- Celebrity winner: Dana Batulková
- Professional winner: Jan Onder
- No. of episodes: 8

Release
- Original network: Česká televize
- Original release: November 1 – December 20, 2008

Season chronology
- ← Previous Season 2 Next → Season 4

= StarDance (Czech TV series) season 3 =

The third season of StarDance (Czech Republic) debuted on Česká televize on November 1, 2008. Eight celebrities were paired with eight professional ballroom dancers. Marek Eben and Tereza Kostková were the hosts for this season.

==Couples==
The ten professionals and celebrities that competed were:

| Celebrity | Occupation / Known for | Professional partner | Status |
|---|---|---|---|
| Bohouš Josef | Singer | Lenka Tvrzová | Eliminated 1st on November 8, 2008 |
| Iva Frühlingová | Singer | Michal Kostovčík | Eliminated 2nd on November 15, 2008 |
| David Suchařípa | Actor | Albina Zaytseva | Eliminated 3rd on November 22, 2008 |
| Jana Doleželová | Miss Czech Republic 2004 | Michal Necpál | Eliminated 4th on November 29, 2008 |
| Vladimír Kratina | Actor | Laura Klimentová | Eliminated 5th on December 6, 2008 |
| Jaromír Bosák | Sports commentator | Eva Krejčířová | Third place on December 13, 2008 |
| Zuzana Norisová | Slovak actress, singer | Jan Kliment | Runner-up on December 20, 2008 |
| Dana Batulková | Actress | Jan Onder | Winner on December 20, 2008 |

==Scoring Chart==

Couples: Place; 1; 2; 3; 4; 5; 6; 7; 8
Dana & Jan: 1; 26; 25; 34; 30; 30; 33+30=63; 30+38=68; 36+40+40=116
Zuzana & Jan: 2; 26; 31; 32; 35; 35; 39+40=79; 36+38=74; 40+39+40=119
Jaromír & Eva: 3; 12; 15; 22; 25; 19; 32+21=53; 30+27=57
Vladimír & Laura: 4; 23; 19; 27; 28; 28; 26+27=53
Jana & Michal: 5; 24; 24; 29; 28; 23
David & Albina: 6; 19; 21; 22; 19
Iva & Michal: 7; 17; 16; 19
Bohouš & Eva: 8; 14; 19

Red numbers indicate the lowest score for each week.
Green numbers indicate the highest score for each week.
 indicates the winning couple.
 indicates the runner-up couple.

===Average score chart===
This table only counts for dances scored on a 40-point scale.

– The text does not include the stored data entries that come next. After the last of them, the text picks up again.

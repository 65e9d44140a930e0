-- ===== src/Kernel/Console/Typing.antt =====
-- What the keys of scheduler/kern/console.c give: the letters under the modifier keys, and a key that
-- is pressed and released.
use features_operating_syste.Prelude.{
  ℕ, zero, suc, ◌+◌, ◌-◌, ◌<◌, ◌≡◌, refl, ap, subst, Bool, true, false, not, ◌&&◌, ◌||◌, Option,
  some, List, [], ◌∷◌, leb, ◌==◌, if◌then◌else◌, arith,
}
use features_operating_syste.Kernel.Console.Ports.{Puertos, Shift, Equipo}
use features_operating_syste.Kernel.Console.Keyboard.Maps.{normalmap, shiftmap, ctlmap, key_del}
use features_operating_syste.Kernel.Console.Keyboard.{
  es_shift, es_ctl, es_alt, poner_shift, quitar_shift, conmutar, charcode, con_capslock,
  tecla_pulsada, leer_codigo,
}

abbrev pub es_letra : ℕ → Bool
es_letra c = leb b'a' c && leb c b'z'

-- The tables agree at code `d`.
abbrev acorde : ℕ → Bool
acorde d =
    if es_letra (normalmap d)
    then (shiftmap d == normalmap d - 32) && (ctlmap d == normalmap d - 96)
    else true

abbrev todos : (ℕ → Bool) → ℕ → Bool
todos f zero = true
todos f (suc n) = f n && todos f n

todos-en : (f : ℕ → Bool) (n d : ℕ) → todos f n ≡ true → d < n → f d ≡ true
todos-en f zero d h l = absurd (omega (arith, l))
todos-en f (suc n) d h l = ground (arith, h, todos-en f n d)

tablas_acordes : todos acorde 256 ≡ true
unfolding normalmap shiftmap ctlmap
tablas_acordes = refl

tablas-letra :
    (d : ℕ)
    → d < 256
    → es_letra (normalmap d) ≡ true
    → (shiftmap d ≡ normalmap d - 32) × (ctlmap d ≡ normalmap d - 96)
tablas-letra d h l =
    let a = todos-en acorde 256 d tablas_acordes h in
    let b : ((shiftmap d == normalmap d - 32) && (ctlmap d == normalmap d - 96)) ≡ true =
      subst
        (λ (t : Bool).
          (if t then (shiftmap d == normalmap d - 32) && (ctlmap d == normalmap d - 96) else true)
          ≡ true)
        l a in
    (ground (arith, b), ground (arith, b))

-- Of a key whose code is below 256 and that gives a small letter by itself: with CTL held the character is
-- the letter's control character, whatever SHIFT and CAPSLOCK are; without CTL it is the capital when
-- exactly one of SHIFT and CAPSLOCK is on, and else the small letter.
pub charcode-letra :
    (s : Shift) (d : ℕ)
    → d < 256
    → es_letra (normalmap d) ≡ true
    → con_capslock s (charcode s d) ≡ (
        if s.ctl
        then normalmap d - 96
        else if (s.shift && not s.capslock) || (s.capslock && not s.shift)
        then normalmap d - 32
        else normalmap d)
unfolding charcode con_capslock
charcode-letra s d h l = let (m, c) = tablas-letra d h l in ground (arith, m, c, l)

-- No key of the kind of `d` is held.
abbrev pub Suelta : ℕ → Shift → Type 0
Suelta d s =
    ((es_shift d && s.shift) ≡ false)
    × ((es_ctl d && s.ctl) ≡ false)
    × ((es_alt d && s.alt) ≡ false)

conmutar-quitar_shift :
    (d : ℕ) (s : Shift)
    → Suelta d s
    → s.e0esc ≡ false
    → quitar_shift d (conmutar d (poner_shift d s)) ≡ conmutar d s
conmutar-quitar_shift d s (h1, h2, h3) e = ground (arith, h1, h2, h3, e)

module _ {D : Type 0} (p : Puertos D) where
  -- The values that the bytes of the keyboard give, and the console after them.
  abbrev pub leer_codigos : List ℕ → Equipo D → List (Option ℕ) × Equipo D
  leer_codigos [] e = ([], e)
  leer_codigos (d ∷ l) e =
      let (c, e1) = leer_codigo p d e in let (cs, e2) = leer_codigos l e1 in (c ∷ cs, e2)

  -- The character of the key with code `d`.
  abbrev pub caracter : ℕ → Shift → ℕ
  caracter d s = let s' = conmutar d (poner_shift d s) in con_capslock s' (charcode s' d)

  -- Not the keys that start the machine anew.
  abbrev pub SinReinicio : ℕ → Shift → Type 0
  SinReinicio d s =
      (((s.ctl || es_ctl d) && (s.alt || es_alt d)) && (caracter d s == key_del)) ≡ false

  tecla_pulsada_lem :
      (d : ℕ) (e : Equipo D)
      → SinReinicio d e.teclas
      → tecla_pulsada p d e
        ≡ (some (caracter d e.teclas), record e { teclas = conmutar d (poner_shift d e.teclas) })
  unfolding tecla_pulsada
  tecla_pulsada_lem d e r = ground (arith, r)

  pulsar_lem :
      (d : ℕ) (e : Equipo D)
      → d < 128
      → e.teclas.e0esc ≡ false
      → SinReinicio d e.teclas
      → leer_codigo p d e
        ≡ (some (caracter d e.teclas), record e { teclas = conmutar d (poner_shift d e.teclas) })
  unfolding leer_codigo
  pulsar_lem d e h z r = ground (arith, h, z, tecla_pulsada_lem d e r)

  -- The release of a key, by its code.
  soltar_lem :
      (d : ℕ) (s : Shift) (e : Equipo D)
      → d < 128
      → (d == 0x60) ≡ false
      → s.e0esc ≡ false
      → leer_codigo p (d + 128) (record e { teclas = s })
        ≡ (some 0, record e { teclas = quitar_shift d s })
  unfolding leer_codigo
  soltar_lem d s e h x z = ground (arith, h, x, z)

  -- A key with code `d`, other than 0x60, that is pressed and released gives one character, and, where no
  -- key of its kind is held and the machine is not started anew, leaves the modifiers as they were,
  -- but for the lock that the key switches; nothing else of the console changes.
  leer_codigos-tecla :
      (d : ℕ) (e : Equipo D)
      → d < 128
      → (d == 0x60) ≡ false
      → e.teclas.e0esc ≡ false
      → Suelta d e.teclas
      → SinReinicio d e.teclas
      → leer_codigos (d ∷ (d + 128) ∷ []) e
        ≡ (some (caracter d e.teclas) ∷ some 0 ∷ [], record e { teclas = conmutar d e.teclas })
  leer_codigos-tecla d e h x z v r =
      let s = conmutar d (poner_shift d e.teclas) in
      let a = pulsar_lem d e h z r in
      let b = soltar_lem d s e h x z in
      let a0 = ap (λ (q : Option ℕ × Equipo D). q.0) a in
      let a1 = ap (λ (q : Option ℕ × Equipo D). q.1) a in
      let b0 = ap (λ (q : Option ℕ × Equipo D). q.0) b in
      let b1 = ap (λ (q : Option ℕ × Equipo D). q.1) b in
      rw (a1, a0, b0, b1, conmutar-quitar_shift d e.teclas v z) refl
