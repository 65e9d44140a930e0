-- ===== src/Kernel/Types.antt =====
-- The kernel's data: scheduler/inc/env.h, inc/trap.h, inc/error.h, kern/sched.h, kern/cpu.h, and the
-- page bookkeeping of inc/memlayout.h. A pointer into `envs` or `pages` is the index that it stands
-- for, NULL is `none`; `envid_t`, `uint32_t` and addresses are their 32-bit patterns.
use features_operating_syste.Prelude.{ℕ, ◌%◌, Bool, true, false, Option, ℤ, negsuc}

-- NENV
abbrev pub nenv : ℕ
nenv = 1024

-- The index part of an identifier: `envid & (NENV - 1)`.
abbrev pub envx : ℕ → ℕ
envx envid = envid % 1024

-- The values of `env_status`.
pub data Status : Type 0 where
  env_free env_dying env_runnable env_running env_not_runnable : Status

abbrev pub is_free : Status → Bool
is_free Status.env_free = true
is_free _ = false

abbrev pub is_dying : Status → Bool
is_dying Status.env_dying = true
is_dying _ = false

abbrev pub is_runnable : Status → Bool
is_runnable Status.env_runnable = true
is_runnable _ = false

abbrev pub is_running : Status → Bool
is_running Status.env_running = true
is_running _ = false

-- The saved registers that the kernel writes one by one; the others are only copied whole.
pub record Trapframe : Type 0 where
  pub reg_eax : ℕ
  pub other_regs : ℕ → ℕ
  pub tf_es : ℕ
  pub tf_ds : ℕ
  pub tf_eip : ℕ
  pub tf_cs : ℕ
  pub tf_eflags : ℕ
  pub tf_esp : ℕ
  pub tf_ss : ℕ

-- `memset(&e->env_tf, 0, sizeof(e->env_tf))`
abbrev pub zero_trapframe : Trapframe
zero_trapframe = record {
  reg_eax = 0;
  other_regs = λ _. 0;
  tf_es = 0;
  tf_ds = 0;
  tf_eip = 0;
  tf_cs = 0;
  tf_eflags = 0;
  tf_esp = 0;
  tf_ss = 0;
}

-- `struct Env`. `env_type` has a single value and is left out.
pub record Env : Type 0 where
  pub env_tf : Trapframe
  pub env_link : Option ℕ
  pub env_id : ℕ
  pub env_parent_id : ℕ
  pub env_status : Status
  pub env_runs : ℕ  -- uint32_t
  pub env_cpunum : ℕ
  pub env_pgdir : Option ℕ  -- the number of the physical page that holds the directory
  pub env_pgfault_upcall : ℕ
  pub env_ipc_recving : Bool
  pub env_ipc_dstva : ℕ
  pub env_ipc_value : ℕ
  pub env_ipc_from : ℕ
  pub env_ipc_perm : ℕ
  pub cola_actual : ℤ  -- int
  pub ejecuciones : ℕ  -- int, only ever incremented

-- `struct MLFQ_cola`: `envs` is a ring of NENV identifiers; the two counters only grow between
-- resets, and are read modulo NENV. Their signed overflow is undefined in C: they are exact here.
pub record Cola : Type 0 where
  pub envs : ℕ → ℕ
  pub ultimo : ℕ
  pub primero : ℕ

-- `struct MLFQ_scheduler`
pub record MlfqScheduler : Type 0 where
  pub cola_a : Cola
  pub cola_b : Cola
  pub cola_c : Cola
  pub cola_d : Cola
  pub ejecuciones_totales : ℕ

-- A `struct MLFQ_cola *` that is not NULL.
pub data Puntero : Type 0 where
  en_a en_b en_c en_d : Puntero

-- `struct PageInfo`
pub record PageInfo : Type 0 where
  pub pp_link : Option ℕ
  pub pp_ref : ℕ  -- uint16_t

-- The state of pmap.c. Physical memory is its 32-bit words, by page number and word index.
pub record Memory : Type 0 where
  pub npages : ℕ
  pub pages : ℕ → PageInfo
  pub page_free_list : Option ℕ
  pub phys : ℕ → ℕ → ℕ
  pub kern_pgdir : ℕ

-- `cpu_status`
pub data CpuStatus : Type 0 where
  cpu_unused cpu_started cpu_halted : CpuStatus

-- The globals that one CPU works on. `curenv` is `thiscpu->cpu_env`; environments that run on the
-- other CPUs are those whose status is `env_running` and which are not `curenv`.
pub record Kernel : Type 0 where
  pub envs : ℕ → Env
  pub env_free_list : Option ℕ
  pub curenv : Option ℕ
  pub cpunum : ℕ
  pub cpu_status : CpuStatus
  pub kernel_locked : Bool
  pub cr3 : ℕ  -- the number of the page that holds the loaded directory
  pub mlfq_scheduler : MlfqScheduler
  pub runs_del_sched : ℕ
  pub mem : Memory

-- How a kernel function ends that may not return: it enters user mode in `curenv`, it halts the CPU
-- in the `hlt` loop, it stays in the monitor, it faults or panics, or it returns after all.
pub data Control : Type 0 where
  context_switch : Kernel → Control
  halted : Kernel → Control
  monitor : Kernel → Control
  fault : Control
  returned : Kernel → Control

-- The statement after a call is reached only if the call returns.
abbrev pub and_then : Control → (Kernel → Control) → Control
and_then (Control.returned k) f = f k
and_then c f = c

-- Error codes, as the negative `int`s that are returned.
abbrev pub e_bad_env : ℤ
e_bad_env = negsuc 1

abbrev pub e_inval : ℤ
e_inval = negsuc 2

abbrev pub e_no_mem : ℤ
e_no_mem = negsuc 3

abbrev pub e_no_free_env : ℤ
e_no_free_env = negsuc 4

abbrev pub e_ipc_not_recv : ℤ
e_ipc_not_recv = negsuc 6
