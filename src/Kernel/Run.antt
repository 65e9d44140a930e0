-- ===== src/Kernel/Run.antt =====
-- How the kernel leaves an environment: `env_run` of scheduler/kern/env.c and `sched_halt` of
-- scheduler/kern/sched.c.
pub mod Switch
use features_operating_syste.Prelude.{
  ℕ, zero, suc, ◌+◌, ◌%◌, ◌^◌, Bool, false, ◌||◌, none, some, if◌then◌else◌, update,
}
use features_operating_syste.Kernel.Types.{
  nenv, Status, is_runnable, is_running, is_dying, Env, CpuStatus, Kernel, Control,
}

-- A write to `envs[i]`.
abbrev pub con_env : Kernel → ℕ → Env → Kernel
con_env k i e = record k { envs = update k.envs i e }

-- `envs[i].ejecuciones++`
abbrev pub contar : Kernel → ℕ → Kernel
contar k i = let e = k.envs i in con_env k i (record e { ejecuciones = e.ejecuciones + 1 })

-- `if (curenv && curenv->env_status == ENV_RUNNING) curenv->env_status = ENV_RUNNABLE;`
abbrev pub desalojar : Kernel → Kernel
desalojar k = elim k.curenv [
  | none ↦ k
  | some c ↦
      let e = k.envs c in
      if is_running e.env_status
      then con_env k c (record e { env_status = Status.env_runnable })
      else k
]

-- The assignments of `env_run` from `curenv = env` on.
unfoldable pub conmutar : Kernel → ℕ → ℕ → Kernel
conmutar k i pgdir =
    let e = k.envs i in
    record k {
      envs = update k.envs i (record e {
        env_status = Status.env_running;
        env_runs = (e.env_runs + 1) % 2 ^ 32;
        env_cpunum = k.cpunum;
      });
      curenv = some i;
      kernel_locked = false;
      cr3 = pgdir;
    }

-- Without a page directory `PADDR` panics.
unfoldable pub env_run : Kernel → ℕ → Control
unfolding conmutar
env_run k i = elim (k.envs i).env_pgdir [
  | none ↦ Control.fault
  | some pgdir ↦ Control.context_switch (conmutar (desalojar k) i pgdir)
]

-- The test of the first loop of `sched_halt`.
abbrev pub esta_activo : Env → Bool
esta_activo e = is_runnable e.env_status || is_running e.env_status || is_dying e.env_status

-- Whether the loop breaks, from index `i` with `n` indices left.
unfoldable pub hay_activo_desde : (ℕ → Env) → ℕ → ℕ → Bool
hay_activo_desde envs i zero = false
hay_activo_desde envs i (suc n) = esta_activo (envs i) || hay_activo_desde envs (i + 1) n

unfoldable pub sched_halt : Kernel → Control
sched_halt k =
    if hay_activo_desde k.envs 0 nenv
    then Control.halted (record k {
      curenv = none;
      cr3 = k.mem.kern_pgdir;
      cpu_status = CpuStatus.cpu_halted;
      kernel_locked = false;
    })
    else Control.monitor k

| Rank by average | Place | Couple | Total points | Number of dances | Average |
|---|---|---|---|---|---|
| 1 | 2 | Zuzana & Jan | 431 | 12 | 35.9 |
| 2 | 1 | Dana & Jan | 392 | 12 | 32.7 |
| 3 | 5 | Jana & Michal | 128 | 5 | 25.6 |
| 4 | 4 | Vladimír & Laura | 178 | 7 | 25.4 |
| 5 | 3 | Jaromír & Eva | 203 | 9 | 22.3 |
| 6 | 6 | David & Albina | 81 | 4 | 20.3 |
| 7 | 7 | Iva & Michal | 52 | 3 | 17.3 |
| 8 | 8 | Bohouš & Lenka | 33 | 2 | 16.5 |

===Highest and lowest scoring performances===
The best and worst performances in each dance according to the judges' 40-point scale are as follows:

| Dance | Highest Scored dancer(s) | Highest score | Lowest Scored dancer(s) | Lowest score |
|---|---|---|---|---|
| Cha-cha-cha | Dana Batulková | 30 | Iva Frühlingová | 17 |
| Waltz | Zuzana Norisová | 40 | Jaromír Bosák | 12 |
| Quickstep | Zuzana Norisová | 40 | Iva Frühlingová | 16 |
| Rumba | Zuzana Norisová | 38 | Jaromír Bosák | 15 |
| Jive | Zuzana Norisová | 32 | Iva Frühlingová | 19 |
| Tango | Zuzana Norisová | 36 | Jaromír Bosák | 22 |
| Slowfox | Zuzana Norisová | 35 | David Suchařípa | 19 |
| Paso Doble | Dana Batulková | 40 | Jaromír Bosák | 25 |
| Samba | Zuzana Norisová | 35 | Jaromír Bosák | 19 |
| Freestyle | Zuzana Norisová Dana Batulková | 40 | - | - |

===Couples' highest and lowest scoring dances===
Scores are based upon a potential 40-point maximum.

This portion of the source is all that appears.